I think a lack of mentorship in software development for physics-based computing is a big problem. Application codes in this area are too complicated and computing intensive to approach casually. Mastering good programming technique is essential, but not enough. The step from the classroom to working on a complicated application code is too big for most people to make on their own. Mentorship from an expert application developer could make a world of difference here. A good mentor would have saved me years of grief learning this craft.

But I have never seen any attempt to mentor academic trainees this way. They're barely taught basic programming technique, if that. There seems to be little concern about it, or even recognition that a problem exists. Yet there is significant spending on computing education by the national agencies. Classes are taught, hardware is provided, research is funded, but something is lacking in the coherence and purpose of this spending.

Things have gone on this way so long now that I see no reason to expect change, especially when no one seems to be talking about it. A big part of the problem is that many people working in scientific computing are stuck on the left side of the peak in the Dunning-Kruger curve:

I spent my first ten years climbing this peak, often called "Mount Stupid" for good reason. I spent another fifteen years wallowing in the trough of disillusionment for want of a good mentor. I am clawing my way out of the trough now, and finding a mentor no longer seems so important. It is a protégé I want now, but given the general state of computing education there is no one to be found.*

* I know Goodwin seems like an obvious candidate for this prestigious position, but he is ruled out by the "under 60" age restriction I've placed on it.

Whine and cheese

Let's talk about things that annoy programmers. Three in particular stand out: programming is way harder than it looks, the boss doesn't know how to code, and unclear project specifications are a nightmare. Obviously these are closely related phenomena.

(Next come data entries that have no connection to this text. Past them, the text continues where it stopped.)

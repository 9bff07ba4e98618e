-- ===== src/Session/Refresh.antt =====
-- lib/api.ts: when a request settles, and what a refresh does to the session.
use stridetastic.Prelude.{
  if_rule, subst, ℕ, zero, suc, String, Bool, true, false, not, ◌&&◌, ◌≡◌, refl, sym, Option, none,
  some, arith, Bool-cases, inl, inr,
}
use stridetastic.Types.{TokenResponse}
use stridetastic.Session.{
  Cookies, Request, Answer, success, failure, Client, refresh_path, refresh_request, is_401, truthy,
  bearer, with_token, add_token, store_tokens, after_refresh, refresh_then, handle, send,
}

-- The status of an answer; none for a resolved request.
abbrev pub is_unauthorized : {D : Type 0} → Answer D → Bool
is_unauthorized (success data_of) = false
is_unauthorized (failure status) = is_401 status

with_token-path :
    (token : Option String) (request : Request) → (with_token token request).path ≡ request.path
with_token-path none request = refl
with_token-path (some token) request = refl

with_token-retry :
    (token : Option String) (request : Request) → (with_token token request).retry ≡ request.retry
with_token-retry none request = refl
with_token-retry (some token) request = refl

module _ {J W D : Type 0} (cookies : Cookies J) (tokens_of : D → TokenResponse)
    (serve : Request → W → Answer D × W) where
  add_token-path :
      (jar : J) (request : Request) → (add_token cookies jar request).path ≡ request.path
  unfolding add_token
  add_token-path jar request =
      if_rule (λ (sent : Request). sent.path ≡ request.path) request.skip_auth refl
        (with_token-path _ request)

  add_token-retry :
      (jar : J) (request : Request) → (add_token cookies jar request).retry ≡ request.retry
  unfolding add_token
  add_token-retry jar request =
      if_rule (λ (sent : Request). sent.retry ≡ request.retry) request.skip_auth refl
        (with_token-retry _ request)

  -- An answer that is not 401, or to a request sent for the second time, is handed on.
  handle_final :
      (again : Request → Client J W → Option (Answer D × Client J W)) (request : Request)
      (answer : Answer D) (s : Client J W)
      → (is_unauthorized answer && not request.retry) ≡ false
      → handle cookies tokens_of serve again request answer s ≡ some (answer, s)
  unfolding handle
  handle_final again request (success data_of) s h = refl
  handle_final again request (failure status) s h = rw h refl

  send_final :
      (fuel : ℕ) (request : Request) (s : Client J W)
      → (is_unauthorized (serve (add_token cookies s.jar request) s.world).0 && not request.retry)
        ≡ false
      → send cookies tokens_of serve (suc fuel) request s
        ≡ some (
          (serve (add_token cookies s.jar request) s.world).0,
          record s { world = (serve (add_token cookies s.jar request) s.world).1 },
        )
  unfolding send
  send_final fuel request s h =
      handle_final (send cookies tokens_of serve fuel) (add_token cookies s.jar request) _ _ (
        subst
          (λ b.
            (is_unauthorized (serve (add_token cookies s.jar request) s.world).0 && not b) ≡ false)
          (sym (add_token-retry s.jar request)) h)

  after_refresh_settles :
      (fuel : ℕ) (request : Request) (status : Option ℕ) (done : Answer D × Client J W)
      → request.retry ≡ true
      → (result : Answer D × Client J W) × (after_refresh cookies tokens_of serve
            (send cookies tokens_of serve (suc fuel))
            request
            status
            (some done)
          ≡ some result)
  unfolding after_refresh
  after_refresh_settles fuel request status (success data_of, s) h =
      let tokens = tokens_of data_of in
      let again : Request = record request { authorization = some (bearer tokens.access) } in
      let next : Client J W = record s { jar = store_tokens cookies tokens s.jar } in
      (_, send_final fuel again next (ground arith))
  after_refresh_settles fuel request status (failure refused, s) h = (_, refl)

  module _
      (refresh_not_401 : (request : Request) (w : W)
        → request.path ≡ refresh_path
        → is_unauthorized (serve request w).0 ≡ false) where
    refresh_then_settles :
        (fuel : ℕ) (request : Request) (status : Option ℕ) (token : Option String) (s : Client J W)
        → request.retry ≡ true
        → (result : Answer D × Client J W) × (refresh_then cookies tokens_of serve
              (send cookies tokens_of serve (suc fuel))
              request
              status
              token
              s
            ≡ some result)
    unfolding refresh_then refresh_request
    refresh_then_settles fuel request status none s h = (_, refl)
    refresh_then_settles fuel request status (some token) s h =
        let sent = add_token cookies s.jar (refresh_request token) in
        let fine = refresh_not_401 sent s.world (add_token-path s.jar (refresh_request token)) in
        let (result, e) =
          after_refresh_settles fuel request status
            ((serve sent s.world).0, record s { world = (serve sent s.world).1 }) h in
        (result, rw (send_final fuel (refresh_request token) s (ground arith)) e)

    handle_settles :
        (fuel : ℕ) (request : Request) (answer : Answer D) (s : Client J W)
        → (result : Answer D × Client J W) × (handle cookies tokens_of serve
              (send cookies tokens_of serve (suc fuel))
              request
              answer
              s
            ≡ some result)
    unfolding handle
    handle_settles fuel request (success data_of) s = (_, refl)
    handle_settles fuel request (failure status) s =
        elim (Bool-cases (is_401 status && not request.retry)) [
          | inl again ↦
              let (result, e) =
                refresh_then_settles fuel (record request { retry = true }) status
                  (truthy (cookies.get "refresh_token" s.jar)) s refl in
              (result, rw again e)
          | inr final ↦ ((failure status, s), rw final refl)
        ]

    -- Where the server never answers 401 to a refresh, every request settles: two nested calls of the
    -- client are enough.
    pub send_settles :
        (fuel : ℕ) (request : Request) (s : Client J W)
        → (result : Answer D × Client J W) × (send cookies tokens_of serve
              (suc (suc fuel))
              request
              s
            ≡ some result)
    unfolding send
    send_settles fuel request s =
        handle_settles fuel (add_token cookies s.jar request)
          (serve (add_token cookies s.jar request) s.world).0
          (record s { world = (serve (add_token cookies s.jar request) s.world).1 })

  module _
      (refresh_401 : (request : Request) (w : W)
        → request.path ≡ refresh_path
        → (serve request w).0 ≡ failure (some 401)) where
    handle_401 :
        (again : Request → Client J W → Option (Answer D × Client J W)) (request : Request)
        (answer : Answer D) (s : Client J W) (token : String)
        → answer ≡ failure (some 401)
        → request.retry ≡ false
        → truthy (cookies.get "refresh_token" s.jar) ≡ some token
        → again (refresh_request token) s ≡ none
        → handle cookies tokens_of serve again request answer s ≡ none
    unfolding handle refresh_then after_refresh
    handle_401 again request answer s token e first t n =
        rw (e, handle) (rw (first, t, refresh_then) (rw n refl))

    -- Where the server answers 401 to every refresh and a refresh token is stored, a refresh never
    -- settles, whatever the fuel: its own 401 starts the next refresh.
    pub refresh_never_settles :
        (fuel : ℕ) (token : String) (s : Client J W)
        → truthy (cookies.get "refresh_token" s.jar) ≡ some token
        → send cookies tokens_of serve fuel (refresh_request token) s ≡ none
    unfolding send
    refresh_never_settles zero token s t = refl
    refresh_never_settles (suc fuel) token s t =
        let sent = add_token cookies s.jar (refresh_request token) in
        let answered = serve sent s.world in
        handle_401 (send cookies tokens_of serve fuel) sent answered.0
          (record s { world = answered.1 }) token
          (refresh_401 sent s.world
            (unfold refresh_request in add_token-path s.jar (refresh_request token)))
          (unfold refresh_request in add_token-retry s.jar (refresh_request token)) t
          (refresh_never_settles fuel token (record s { world = answered.1 }) t)
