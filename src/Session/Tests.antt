-- ===== src/Session/Tests.antt =====
-- Runs of the client against small servers, and instances of the theorems on sessions.
use mathlib.Core.Bool.{true≢false}
use stridetastic.Prelude.{
  subst, ◌+◌, inl, inr, Bool-cases, ℕ, String, Bool, true, false, ◌≡◌, ◌≢◌, refl, sym, ◌∙◌, Option,
  none, some, ◌==◌, eq_iff, eq_refl, if◌then◌else◌,
}
use stridetastic.Types.{TokenResponse}
use stridetastic.Session.{
  Cookies, Request, Answer, success, failure, Client, plain_request, nothing, refresh_path,
  refresh_request, login_request, add_token, store_tokens, after_refresh, refresh_then, handle,
  send,
}
use stridetastic.Session.Refresh.{is_unauthorized, send_settles, refresh_never_settles}
use stridetastic.Session.Auth.{
  Auth, is_authenticated, basic_user, check_login, logout, after_login, login,
}
use stridetastic.Session.Auth.Laws.{CookieLaws, logout_lem, login_lem}
use stridetastic.Middleware.{middleware, redirect, next}

abbrev Jar : Type 0
Jar = String → Option String

abbrev cookies : Cookies Jar
cookies = record {
  get = λ name jar. jar name;
  set = λ name text days jar. λ other. if other == name then some text else jar other;
  remove = λ name jar. λ other. if other == name then none else jar other;
}

unequal : (a b : String) → a ≢ b → (a == b) ≡ false
unequal a b h = elim (Bool-cases (a == b)) [
  | inl same ↦ absurd (h ((eq_iff a b).0 same))
  | inr other ↦ other
]

cookies-CookieLaws : CookieLaws cookies
cookies-CookieLaws = record {
  get-set = λ name text days jar. rw (eq_refl name) refl;
  get-set-other = λ name other text days jar h. rw (unequal name other h) refl;
  get-remove = λ name jar. rw (eq_refl name) refl;
  get-remove-other = λ name other jar h. rw (unequal name other h) refl;
}

abbrev tokens : TokenResponse
tokens = record { access = "a"; refresh = "r" }

abbrev old_client : Client Jar ℕ
old_client = record { jar = λ name. some "old"; world = 0; location = none }

abbrev fresh_client : Client Jar ℕ
fresh_client = record { jar = λ name. none; world = 0; location = none }

abbrev is_old : Option String → Bool
is_old none = false
is_old (some text) = text == "Bearer old"

-- A server that counts requests, refreshes tokens and refuses the token "old".
abbrev strict : Request → ℕ → Answer TokenResponse × ℕ
strict request count = (
  if request.path == refresh_path
      then success tokens
      else if is_old request.authorization
      then failure (some 401)
      else success tokens,
  count + 1,
)

-- A server that refuses everything.
abbrev closed : Request → ℕ → Answer TokenResponse × ℕ
closed request count = (failure (some 401), count + 1)

abbrev open_server : Request → ℕ → Answer TokenResponse × ℕ
open_server request count = (success tokens, count + 1)

abbrev count_of : Option (Answer TokenResponse × Client Jar ℕ) → Option ℕ
count_of none = none
count_of (some (answer, client)) = some client.world

-- A request with the old token is refused, refreshed and repeated: three requests.
refreshed :
    count_of (send cookies (λ d. d) strict 2 (plain_request "/nodes/" nothing) old_client) ≡ some 3
unfolding send handle refresh_then after_refresh refresh_request add_token store_tokens
refreshed = refl

strict-refresh :
    (request : Request) (w : ℕ)
    → request.path ≡ refresh_path
    → is_unauthorized (strict request w).0 ≡ false
strict-refresh request w e =
    subst
      (λ (b : Bool).
        is_unauthorized (
          if b
          then success tokens
          else if is_old request.authorization
          then failure (some 401)
          else success tokens)
        ≡ false)
      (sym ((eq_iff request.path refresh_path).1 e)) refl

send_settles_example :
    (result : Answer TokenResponse × Client Jar ℕ) × (send cookies
        (λ d. d)
        strict
        2
        (plain_request "/nodes/" nothing)
        old_client
      ≡ some result)
send_settles_example =
    send_settles cookies (λ d. d) strict strict-refresh 0 (plain_request "/nodes/" nothing)
      old_client

closed-refresh :
    (request : Request) (w : ℕ)
    → request.path ≡ refresh_path
    → (closed request w).0 ≡ failure (some 401)
closed-refresh request w e = refl

refresh_never_settles_example :
    send cookies (λ (d : TokenResponse). d) closed 7 (refresh_request "old") old_client ≡ none
refresh_never_settles_example =
    refresh_never_settles cookies (λ d. d) closed closed-refresh 7 "old" old_client refl

abbrev session : Auth Jar ℕ
session = record { user = some (basic_user "u"); is_loading = false; client = old_client }

logout_lem_example :
    (is_authenticated (check_login cookies (logout cookies session)) ≡ false)
    × (middleware "/dashboard" (cookies.get "access_token" (logout cookies session).client.jar)
        ≡ redirect "/login")
logout_lem_example = logout_lem cookies cookies-CookieLaws session "/dashboard" refl

abbrev anonymous : Auth Jar ℕ
anonymous = record { user = none; is_loading = false; client = fresh_client }

abbrev logged_in : Auth Jar ℕ
logged_in = record {
  user = some (basic_user "u");
  is_loading = false;
  client = record {
    jar = store_tokens cookies tokens fresh_client.jar;
    world = 1;
    location = none;
  };
}

logs_in : login cookies (λ d. tokens) open_server 1 "u" "p" anonymous ≡ some (true, logged_in)
unfolding login after_login send handle add_token login_request
logs_in = refl

differ : (a b : String) → (a == b) ≡ false → a ≢ b
differ a b h e = true≢false (sym ((eq_iff a b).1 e) ∙ h)

login_lem_example :
    (logged_in.user ≡ some (basic_user "u"))
    × (middleware "/dashboard" (cookies.get "access_token" logged_in.client.jar) ≡ next)
login_lem_example =
    login_lem cookies cookies-CookieLaws (λ d. tokens) open_server 1 "u" "p" anonymous logged_in
      "/dashboard" (λ d. differ "a" "" refl) (differ "/dashboard" "/login" refl) logs_in
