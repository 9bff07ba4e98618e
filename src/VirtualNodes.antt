-- ===== src/VirtualNodes.antt =====
-- web_stridetastic/src/components/VirtualNodesPanel.tsx: the panel of the virtual nodes, without its
-- rendering. `Identifier` is what may be typed as an identifier, `Form` the form, and `Submit` the
-- requests.
pub mod Identifier
pub mod Form
pub mod Submit
mod Tests
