-- ===== src/VirtualNodes/Form.antt =====
-- VirtualNodesPanel.tsx: the form of a virtual node and the payload made of it.
use stridetastic.Prelude.{String, Bool, false, ◌==◌, if◌then◌else◌, or_else, trim}
use stridetastic.Types.{Node}

pub record NodeForm : Type 0 where
  pub short_name : String
  pub long_name : String
  pub role : String
  pub hw_model : String
  pub is_licensed : Bool
  pub is_unmessagable : Bool
  pub node_id : String
  pub regenerate_keys : Bool

unfoldable pub create_empty_form : String → String → NodeForm
create_empty_form role hw_model = record {
  short_name = "";
  long_name = "";
  role = role;
  hw_model = hw_model;
  is_licensed = false;
  is_unmessagable = false;
  node_id = "";
  regenerate_keys = false;
}

unfoldable pub build_form_from_node : Node → String → String → NodeForm
build_form_from_node node role hw_model = record {
  short_name = or_else node.short_name "";
  long_name = or_else node.long_name "";
  role = or_else node.role role;
  hw_model = or_else node.hw_model hw_model;
  is_licensed = node.is_licensed;
  is_unmessagable = or_else node.is_unmessagable false;
  node_id = node.node_id;
  regenerate_keys = false;
}

-- A field of a payload: left out, null, or a text.
pub data Field : Type 0 where
  absent null : Field
  value : String → Field

pub record VirtualNodePayload : Type 0 where
  pub short_name : Field
  pub long_name : Field
  pub role : Field
  pub hw_model : Field
  pub is_licensed : Bool
  pub is_unmessagable : Bool
  pub node_id : Field

abbrev pub nullable_string_field : Bool → String → Field
nullable_string_field is_update s =
    if s == "" then (if is_update then null else absent) else value s

abbrev pub identity_field : String → Field
identity_field s = if s == "" then absent else value s

unfoldable pub build_virtual_node_payload : Bool → NodeForm → VirtualNodePayload
build_virtual_node_payload is_update form = record {
  short_name = nullable_string_field is_update (trim form.short_name);
  long_name = nullable_string_field is_update (trim form.long_name);
  role = nullable_string_field is_update (trim form.role);
  hw_model = nullable_string_field is_update (trim form.hw_model);
  is_licensed = form.is_licensed;
  is_unmessagable = form.is_unmessagable;
  node_id = identity_field (trim form.node_id);
}
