-- ===== src/VirtualNodes/Identifier.antt =====
-- VirtualNodesPanel.tsx, handleTextChange: what is kept of a typed identifier.
pub mod Laws
use Prim.Native.Char.{Char, char, code}
use Prim.Native.String.{String}
use stridetastic.Prelude.{ℕ, Bool, true, false, ◌&&◌, ◌||◌, ◌==◌, if◌then◌else◌, leb, eqb}

-- The characters of `[!0-9a-f]`
abbrev pub is_id_char : Char → Bool
is_id_char c = let n = code c in eqb n 33 || ((leb 48 n && leb n 57) || (leb 97 n && leb n 102))

-- Of the letters that `toLowerCase` changes, only A to F become characters that are kept.
abbrev pub to_lower : Char → Char
to_lower c =
    let n = code c in
    if eqb n 65
    then char 97 tt
    else (if eqb n 66
        then char 98 tt
        else (if eqb n 67
            then char 99 tt
            else (if eqb n 68
                then char 100 tt
                else (if eqb n 69 then char 101 tt else (if eqb n 70 then char 102 tt else c)))))

-- `value.toLowerCase().replace(/[^!0-9a-f]/g, '')`
unfoldable pub normalized : String → String
normalized String.[] = ""
normalized (String.◌∷◌ c s) =
    let rest = normalized s in
    if is_id_char (to_lower c) then String.◌∷◌ (to_lower c) rest else rest

-- `normalized.replace(/^!+/, '')`
unfoldable pub without_prefix : String → String
without_prefix String.[] = ""
without_prefix (String.◌∷◌ c s) =
    let rest = without_prefix s in if eqb (code c) 33 then rest else String.◌∷◌ c s

abbrev pub with_prefix : String → String
with_prefix s = if s == "" then "" else String.◌∷◌ (char 33 tt) s

unfoldable pub typed_node_id : String → String
typed_node_id value = with_prefix (without_prefix (normalized value))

Programming isn't a binary skill, but I sense that many people perceive it that way. A programmer seems like a plumber or a nurse or maybe even a public notary. Either you are one, or you aren't one. At some point knowledge of plumbing saturates and there isn't much in the world of plumbing to learn anymore. Programming ability doesn't saturate this way. It takes years to grasp the basics, and for those who aspire to mastery, the learning never stops. The range of ability, experience, and talent among self-identified programmers is enormous.

Programming is slow, laborious work that demands constant deliberation and care. Bad things happen when it is rushed. Not everything needs to be perfect, but cutting corners in the wrong places will cripple a code. Acquiring the skills to do this well in a large complicated code takes much longer than many people imagine. It is often difficult to successfully extend the capabilities of a large code, and it is always easy to break it trying.

I once knew a professor who boasted his student was going to write a code to solve the Navier-Stokes equations using the finite element method, and do this in two weeks according to a time line they had written down together. An existing linear equation solver would be used, but otherwise the code would be written from scratch in Fortran 77 (this was in the early 1990s).

The absurdity of this cannot be overstated. Even Goodwin could not do this in fewer than three months, and he's a freak. Six months would be fast for a smart, hard working graduate student to do it. Being asked to accomplish something in two weeks when it really takes six months is confusing and demoralizing.

Unfortunately the situation hasn't gotten any better in the intervening quarter century.